===== Records shown =====

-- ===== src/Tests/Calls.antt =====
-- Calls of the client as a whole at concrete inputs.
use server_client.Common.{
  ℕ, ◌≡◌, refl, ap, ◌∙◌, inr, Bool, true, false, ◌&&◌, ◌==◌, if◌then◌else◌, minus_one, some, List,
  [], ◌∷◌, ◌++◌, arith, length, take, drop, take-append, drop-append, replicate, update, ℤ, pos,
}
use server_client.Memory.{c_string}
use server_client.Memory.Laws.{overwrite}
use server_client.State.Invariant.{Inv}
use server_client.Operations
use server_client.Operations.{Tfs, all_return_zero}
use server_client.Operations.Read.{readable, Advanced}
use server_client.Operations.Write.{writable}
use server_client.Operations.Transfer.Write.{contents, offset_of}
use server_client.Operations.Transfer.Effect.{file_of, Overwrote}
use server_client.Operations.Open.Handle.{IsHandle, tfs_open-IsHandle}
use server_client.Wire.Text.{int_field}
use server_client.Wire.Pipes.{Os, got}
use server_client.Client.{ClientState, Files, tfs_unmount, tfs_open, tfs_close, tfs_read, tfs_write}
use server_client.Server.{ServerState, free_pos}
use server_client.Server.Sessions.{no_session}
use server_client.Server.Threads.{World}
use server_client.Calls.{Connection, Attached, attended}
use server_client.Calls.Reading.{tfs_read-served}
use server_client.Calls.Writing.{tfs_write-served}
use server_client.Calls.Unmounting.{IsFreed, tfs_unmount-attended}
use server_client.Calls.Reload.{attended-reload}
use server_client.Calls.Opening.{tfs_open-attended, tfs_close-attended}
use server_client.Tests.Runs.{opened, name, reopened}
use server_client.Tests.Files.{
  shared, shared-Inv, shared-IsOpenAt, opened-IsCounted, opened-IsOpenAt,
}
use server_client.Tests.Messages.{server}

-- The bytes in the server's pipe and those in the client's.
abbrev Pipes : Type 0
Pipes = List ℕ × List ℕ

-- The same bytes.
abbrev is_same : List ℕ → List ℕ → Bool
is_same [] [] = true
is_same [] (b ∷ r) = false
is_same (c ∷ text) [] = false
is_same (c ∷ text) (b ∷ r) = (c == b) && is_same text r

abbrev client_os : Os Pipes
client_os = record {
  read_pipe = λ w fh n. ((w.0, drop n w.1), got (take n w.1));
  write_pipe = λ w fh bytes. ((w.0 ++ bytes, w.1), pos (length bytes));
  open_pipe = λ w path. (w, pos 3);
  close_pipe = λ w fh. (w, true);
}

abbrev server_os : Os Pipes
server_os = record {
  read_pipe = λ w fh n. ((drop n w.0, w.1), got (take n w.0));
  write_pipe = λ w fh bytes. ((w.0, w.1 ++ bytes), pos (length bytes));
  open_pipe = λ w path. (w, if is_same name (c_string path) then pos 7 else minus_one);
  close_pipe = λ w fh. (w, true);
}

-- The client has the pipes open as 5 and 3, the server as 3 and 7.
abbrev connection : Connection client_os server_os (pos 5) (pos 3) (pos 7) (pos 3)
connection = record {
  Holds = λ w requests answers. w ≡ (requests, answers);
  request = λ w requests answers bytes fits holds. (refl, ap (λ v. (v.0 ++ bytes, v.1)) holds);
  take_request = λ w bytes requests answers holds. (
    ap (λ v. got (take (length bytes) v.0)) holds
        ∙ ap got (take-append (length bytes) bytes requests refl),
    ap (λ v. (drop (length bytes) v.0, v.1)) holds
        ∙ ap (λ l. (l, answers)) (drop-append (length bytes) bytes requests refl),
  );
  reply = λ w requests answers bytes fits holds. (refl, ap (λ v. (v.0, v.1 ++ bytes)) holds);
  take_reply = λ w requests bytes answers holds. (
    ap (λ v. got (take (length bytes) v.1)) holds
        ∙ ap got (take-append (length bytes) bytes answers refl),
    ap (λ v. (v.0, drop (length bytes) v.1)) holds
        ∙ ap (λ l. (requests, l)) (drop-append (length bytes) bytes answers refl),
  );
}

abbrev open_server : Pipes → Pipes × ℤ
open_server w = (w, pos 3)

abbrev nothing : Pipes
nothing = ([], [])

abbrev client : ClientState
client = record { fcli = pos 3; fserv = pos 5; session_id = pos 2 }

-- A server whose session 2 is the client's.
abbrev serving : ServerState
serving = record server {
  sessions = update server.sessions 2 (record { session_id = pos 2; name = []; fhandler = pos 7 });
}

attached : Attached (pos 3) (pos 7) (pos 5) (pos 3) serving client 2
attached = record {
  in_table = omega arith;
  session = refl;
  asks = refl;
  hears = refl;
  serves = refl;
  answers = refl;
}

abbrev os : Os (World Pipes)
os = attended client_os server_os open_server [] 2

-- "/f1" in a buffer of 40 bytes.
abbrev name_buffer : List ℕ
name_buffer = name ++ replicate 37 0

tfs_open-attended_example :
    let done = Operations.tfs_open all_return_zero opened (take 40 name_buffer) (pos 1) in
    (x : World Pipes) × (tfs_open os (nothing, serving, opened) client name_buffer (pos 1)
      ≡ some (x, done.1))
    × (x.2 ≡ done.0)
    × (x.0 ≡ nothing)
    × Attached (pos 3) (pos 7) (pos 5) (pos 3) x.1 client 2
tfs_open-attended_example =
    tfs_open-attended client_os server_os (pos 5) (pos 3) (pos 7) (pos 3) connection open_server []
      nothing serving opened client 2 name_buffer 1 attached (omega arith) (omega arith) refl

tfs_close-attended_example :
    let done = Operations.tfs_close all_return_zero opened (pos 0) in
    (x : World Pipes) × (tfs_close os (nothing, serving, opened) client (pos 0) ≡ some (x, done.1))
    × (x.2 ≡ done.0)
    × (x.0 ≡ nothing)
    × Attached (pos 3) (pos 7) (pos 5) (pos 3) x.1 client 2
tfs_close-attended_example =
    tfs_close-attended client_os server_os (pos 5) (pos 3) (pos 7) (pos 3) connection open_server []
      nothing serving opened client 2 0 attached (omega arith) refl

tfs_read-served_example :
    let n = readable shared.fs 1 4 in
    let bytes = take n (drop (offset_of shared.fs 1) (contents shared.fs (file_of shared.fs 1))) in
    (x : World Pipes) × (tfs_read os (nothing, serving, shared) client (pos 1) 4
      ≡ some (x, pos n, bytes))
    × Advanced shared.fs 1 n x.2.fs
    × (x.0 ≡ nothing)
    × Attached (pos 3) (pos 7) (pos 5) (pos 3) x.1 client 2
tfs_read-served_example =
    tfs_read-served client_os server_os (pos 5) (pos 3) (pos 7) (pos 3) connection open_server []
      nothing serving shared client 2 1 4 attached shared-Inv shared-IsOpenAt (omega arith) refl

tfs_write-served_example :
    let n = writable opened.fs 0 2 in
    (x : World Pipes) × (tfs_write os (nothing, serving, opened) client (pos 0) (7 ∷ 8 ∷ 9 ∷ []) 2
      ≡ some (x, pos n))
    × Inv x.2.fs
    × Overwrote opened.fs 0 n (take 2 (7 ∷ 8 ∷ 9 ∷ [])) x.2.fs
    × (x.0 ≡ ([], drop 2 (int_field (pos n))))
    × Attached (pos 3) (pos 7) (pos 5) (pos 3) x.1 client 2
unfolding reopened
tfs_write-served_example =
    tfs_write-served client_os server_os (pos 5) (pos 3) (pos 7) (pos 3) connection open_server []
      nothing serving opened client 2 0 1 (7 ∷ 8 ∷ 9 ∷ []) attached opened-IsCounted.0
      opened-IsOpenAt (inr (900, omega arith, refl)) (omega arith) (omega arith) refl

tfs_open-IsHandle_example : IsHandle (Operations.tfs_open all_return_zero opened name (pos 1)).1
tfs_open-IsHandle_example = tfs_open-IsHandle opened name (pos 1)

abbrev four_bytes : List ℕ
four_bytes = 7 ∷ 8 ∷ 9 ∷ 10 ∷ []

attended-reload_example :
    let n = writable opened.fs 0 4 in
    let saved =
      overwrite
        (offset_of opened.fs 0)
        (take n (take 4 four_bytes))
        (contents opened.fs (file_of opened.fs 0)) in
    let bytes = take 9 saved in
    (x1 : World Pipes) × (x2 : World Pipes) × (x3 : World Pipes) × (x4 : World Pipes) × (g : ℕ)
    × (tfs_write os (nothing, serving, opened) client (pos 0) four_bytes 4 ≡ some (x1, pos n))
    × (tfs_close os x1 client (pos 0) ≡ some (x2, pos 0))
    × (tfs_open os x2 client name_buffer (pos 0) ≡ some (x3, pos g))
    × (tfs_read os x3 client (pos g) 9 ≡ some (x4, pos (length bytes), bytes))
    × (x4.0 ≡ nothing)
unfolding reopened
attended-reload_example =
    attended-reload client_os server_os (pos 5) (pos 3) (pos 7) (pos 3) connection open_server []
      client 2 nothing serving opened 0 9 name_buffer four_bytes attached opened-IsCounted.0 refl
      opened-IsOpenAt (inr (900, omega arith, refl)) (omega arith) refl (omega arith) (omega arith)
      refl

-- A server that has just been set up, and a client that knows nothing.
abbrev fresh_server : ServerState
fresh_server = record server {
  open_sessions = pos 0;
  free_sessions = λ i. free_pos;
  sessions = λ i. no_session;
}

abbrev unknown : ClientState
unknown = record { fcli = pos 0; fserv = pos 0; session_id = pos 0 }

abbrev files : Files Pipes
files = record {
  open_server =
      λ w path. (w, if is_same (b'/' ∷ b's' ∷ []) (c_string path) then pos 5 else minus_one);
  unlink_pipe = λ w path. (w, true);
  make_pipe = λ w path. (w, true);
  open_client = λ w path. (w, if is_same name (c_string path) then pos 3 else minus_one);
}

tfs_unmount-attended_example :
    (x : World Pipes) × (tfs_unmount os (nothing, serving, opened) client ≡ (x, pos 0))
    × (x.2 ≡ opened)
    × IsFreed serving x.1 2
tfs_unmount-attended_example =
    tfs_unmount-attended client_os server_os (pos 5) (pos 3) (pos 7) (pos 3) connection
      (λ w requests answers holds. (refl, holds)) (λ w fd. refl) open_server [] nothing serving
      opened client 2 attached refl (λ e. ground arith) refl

=====
===== Records shown =====

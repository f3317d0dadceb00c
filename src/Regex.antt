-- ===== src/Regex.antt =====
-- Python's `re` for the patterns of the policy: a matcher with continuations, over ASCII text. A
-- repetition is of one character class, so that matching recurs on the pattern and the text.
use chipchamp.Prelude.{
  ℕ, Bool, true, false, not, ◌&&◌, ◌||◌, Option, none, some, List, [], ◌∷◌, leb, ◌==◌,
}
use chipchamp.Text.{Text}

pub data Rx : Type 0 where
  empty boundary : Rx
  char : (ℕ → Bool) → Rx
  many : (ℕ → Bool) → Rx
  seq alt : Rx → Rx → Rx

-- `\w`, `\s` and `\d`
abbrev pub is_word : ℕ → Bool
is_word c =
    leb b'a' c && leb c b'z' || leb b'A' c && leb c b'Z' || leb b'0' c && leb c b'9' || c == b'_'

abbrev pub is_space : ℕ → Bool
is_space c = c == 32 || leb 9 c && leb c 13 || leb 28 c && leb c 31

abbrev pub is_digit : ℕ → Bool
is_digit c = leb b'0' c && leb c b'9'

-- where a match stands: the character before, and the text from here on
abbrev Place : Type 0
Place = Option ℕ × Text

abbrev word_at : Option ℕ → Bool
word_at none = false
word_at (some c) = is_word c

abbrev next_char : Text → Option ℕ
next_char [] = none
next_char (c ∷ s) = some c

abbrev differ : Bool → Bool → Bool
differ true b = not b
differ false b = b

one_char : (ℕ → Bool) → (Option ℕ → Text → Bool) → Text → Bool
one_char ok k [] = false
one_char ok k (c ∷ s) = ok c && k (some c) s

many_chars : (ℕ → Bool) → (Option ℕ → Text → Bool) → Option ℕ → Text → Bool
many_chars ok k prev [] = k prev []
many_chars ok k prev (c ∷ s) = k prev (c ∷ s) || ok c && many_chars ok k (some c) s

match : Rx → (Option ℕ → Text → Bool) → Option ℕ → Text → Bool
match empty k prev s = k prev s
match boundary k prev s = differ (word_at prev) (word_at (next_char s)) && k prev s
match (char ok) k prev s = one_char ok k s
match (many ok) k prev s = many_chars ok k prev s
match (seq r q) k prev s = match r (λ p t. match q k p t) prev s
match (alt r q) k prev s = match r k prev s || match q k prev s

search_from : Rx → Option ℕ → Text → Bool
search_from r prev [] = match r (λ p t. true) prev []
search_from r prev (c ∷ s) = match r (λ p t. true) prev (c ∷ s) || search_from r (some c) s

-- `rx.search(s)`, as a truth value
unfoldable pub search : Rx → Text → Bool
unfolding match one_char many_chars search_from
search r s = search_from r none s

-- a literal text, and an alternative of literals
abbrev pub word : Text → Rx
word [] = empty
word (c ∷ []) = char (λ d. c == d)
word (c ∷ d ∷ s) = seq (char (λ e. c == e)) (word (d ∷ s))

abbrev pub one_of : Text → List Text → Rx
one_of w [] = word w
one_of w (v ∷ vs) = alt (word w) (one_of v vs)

=====

■ Work instruction ■
When a line above includes the word "Transfer", please list that line.

■ Solution for this problem ■
use server_client.Operations.Transfer.Write.{contents, offset_of}
use server_client.Operations.Transfer.Effect.{file_of, Overwrote}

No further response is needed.